The triangle's perimeter is a different color than its interior pixels, and to use this image with Fastgraph, we must inscribe the triangle in a rectangular area. Our triangle is nine pixels wide at its base and five pixels high. The pixels indicated by an asterisk (*) are the triangle's perimeter, while those indicated by an x represent its interior points. We need to distinguish between these pixels because they will be different colors. The pixels shown as periods (.) are not part of the triangle itself but are transparent pixels required to make the image rectangular.

Before we can display the triangle image as a 256-color bitmap, we must specify the color value for each pixel in the bitmap. Let's suppose we want the triangle's perimeter pixels to be blue, and the interior pixels to be green. If we're using the default logical palette, blue is color 11 and green is color 12. Most Fastgraph bitmap display functions treat color 0 as transparent, so we'll set all the pixels outside the actual triangle to zero.

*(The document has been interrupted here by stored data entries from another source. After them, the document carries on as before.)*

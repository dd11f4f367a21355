-- ===== src/Route/Spec.antt =====
-- Which paths a pattern with no sets is meant for.
use jaclibc.Base.{
  ℕ, ◌≡◌, ◌≢◌, Bool, true, not, ◌&&◌, ◌||◌, ◌==◌, if◌then◌else◌, List, [], ◌∷◌, arith, refl, ==_iff,
  ap, sym, subst, ◌∙◌, if_cases,
}
use jaclibc.Route.{Signs, Text, skip_name}

-- At the end, or in front of a divider.
abbrev pub AtEdge : ℕ → Text → Type 0
AtEdge div [] = Unit
AtEdge div (c ∷ h) = c ≡ div

-- A name with no divider in it, then the rest.
abbrev pub IsName : ℕ → Text → Text → Text → Type 0
IsName div [] rest h = (h ≡ rest) × AtEdge div rest
IsName div (c ∷ name) rest h = (c ≢ div) × ((t : Text) × (h ≡ c ∷ t) × IsName div name rest t)

-- The path and what the wildcards take, each from where it begins to the end of the path.
pub data Fits (s : Signs) : Text → Text → List Text → Type 0 where
  ends : Fits s [] [] []
  plain :
      {p h : Text} {cs : List Text} (c d : ℕ)
      → c ≢ s.any
      → c ≢ s.esc
      → c ≡ d
      → Fits s p h cs
      → Fits s (c ∷ p) (d ∷ h) cs
  escaped :
      {p h : Text} {cs : List Text} (c d x : ℕ)
      → c ≢ s.any
      → c ≡ s.esc
      → d ≡ x
      → Fits s p h cs
      → Fits s (c ∷ d ∷ p) (x ∷ h) cs
  one_name :
      {p h : Text} {cs : List Text} (c : ℕ)
      → c ≡ s.any
      → p ≢ s.any ∷ []
      → (name rest : Text) → IsName s.div name rest h
      → Fits s p rest cs
      → Fits s (c ∷ p) h (h ∷ cs)
  all_names : {h : Text} (c d : ℕ) → c ≡ s.any → d ≡ s.any → Fits s (c ∷ d ∷ []) h (h ∷ [])

-- No wildcard has a set, and a byte follows each escape.
abbrev pub has_no_sets : Signs → Text → Bool
has_no_sets s [] = true
has_no_sets s (c ∷ []) = c == s.any || not (c == s.esc)
has_no_sets s (c ∷ d ∷ p) =
    let after_two = has_no_sets s p in
    let after_one = has_no_sets s (d ∷ p) in
    if c == s.any then not (d == b'[') && after_one else if c == s.esc then after_two else after_one

-- The name that skip_name skips.
pub skip_name-IsName : (div : ℕ) (h : Text) → (name : Text) × IsName div name (skip_name div h) h
unfolding skip_name
skip_name-IsName div [] = ([], (refl, tt))
skip_name-IsName div (c ∷ h) =
    let (name, rest) = skip_name-IsName div h in
    if_cases (λ (r : Text). (n : Text) × IsName div n r (c ∷ h)) (c == div) _ _
      (λ e. ([], (refl, (==_iff c div).0 e)))
      (λ ne. (c ∷ name, ((λ e. ground (arith, e, ne)), (h, refl, rest))))

pub IsName-skip_name :
    (div : ℕ) (name rest h : Text) → IsName div name rest h → skip_name div h ≡ rest
unfolding skip_name
IsName-skip_name div [] [] h (e, edge) = ap (skip_name div) e
IsName-skip_name div [] (c ∷ rest) h (e, edge) = ap (skip_name div) e ∙ ground (arith, edge)
IsName-skip_name div (c ∷ name) rest h (ne, (t, e, more)) =
    let ih = IsName-skip_name div name rest t more in ap (skip_name div) e ∙ ground (arith, ne, ih)

pub Fits-plain :
    (s : Signs) (c : ℕ) (p h : Text) (cs : List Text)
    → c ≢ s.any
    → c ≢ s.esc
    → Fits s (c ∷ p) h cs
    → (t : Text) × (h ≡ c ∷ t) × Fits s p t cs
Fits-plain s c p (d ∷ t) cs na ne (plain _ _ na' ne' e w) = (t, ap (λ (x : ℕ). x ∷ t) (sym e), w)
Fits-plain s c p h cs na ne (escaped _ d x na' e e' w) = absurd (ne e)
Fits-plain s c p h cs na ne (one_name _ e p_ne name rest n w) = absurd (na e)
Fits-plain s c p h cs na ne (all_names _ d e e') = absurd (na e)

pub Fits-escaped :
    (s : Signs) (c d : ℕ) (p h : Text) (cs : List Text)
    → c ≢ s.any
    → c ≡ s.esc
    → Fits s (c ∷ d ∷ p) h cs
    → (t : Text) × (h ≡ d ∷ t) × Fits s p t cs
Fits-escaped s c d p h cs na e (plain _ _ na' ne' e' w) = absurd (ne' e)
Fits-escaped s c d p (x ∷ t) cs na e (escaped _ _ _ na' e' same w) =
    (t, ap (λ (y : ℕ). y ∷ t) (sym same), w)
Fits-escaped s c d p h cs na e (one_name _ e' p_ne name rest n w) = absurd (na e')
Fits-escaped s c d p h cs na e (all_names _ _ e' e2) = absurd (na e')

pub Fits-name :
    (s : Signs) (c : ℕ) (p h : Text) (cs : List Text)
    → c ≡ s.any
    → p ≢ s.any ∷ []
    → Fits s (c ∷ p) h cs
    → (cs' : List Text) × (cs ≡ h ∷ cs') × Fits s p (skip_name s.div h) cs'
Fits-name s c p h cs a ne (plain _ _ na ne' e w) = absurd (na a)
Fits-name s c p h cs a ne (escaped _ d x na e e' w) = absurd (na a)
Fits-name s c p h (_ ∷ cs) a ne (one_name _ e p_ne name rest n w) =
    (cs, refl, subst (λ (t : Text). Fits s p t cs) (sym (IsName-skip_name s.div name rest h n)) w)
Fits-name s c p h cs a ne (all_names _ d e e') = absurd (ne (ap (λ (x : ℕ). x ∷ []) e'))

The resulting bitmap is shown here.

 0 0 0 0 11 0 0 0 0 0 0 0 11 12 11 0 0 0 0 0 11 12 12 12 11 0 0 0 11 12 12 12 12 12 11 0 11 11 11 11 11 11 11 11 11

Our triangle is nine pixels wide and five pixels high, for a total of 45 pixels. Because each pixel is a value between 0 and 255, we need an array of at least 45 bytes to hold the bitmap, with each byte of the array holding one pixel from the bitmap. The first element of a bitmap array represents the lower left corner of the image. The subscript progression then continues to the right until reaching the end of the first row. It then resumes at the leftmost pixel of the second row and continues to the right until the end of that row. It continues in this manner for all remaining rows. Assuming subscripts begin at zero, the subscript order for our 9x5 triangle image would thus be:

 [36] [37] [38] [39] [40] [41] [42] [43] [44] [27] [28] [29] [30] [31] [32] [33] [34] [35] [18] [19] [20] [21] [22] [23] [24] [25] [26] [9] [10] [11] [12] [13] [14] [15] [16] [17] [0] [1] [2] [3] [4] [5] [6] [7] [8]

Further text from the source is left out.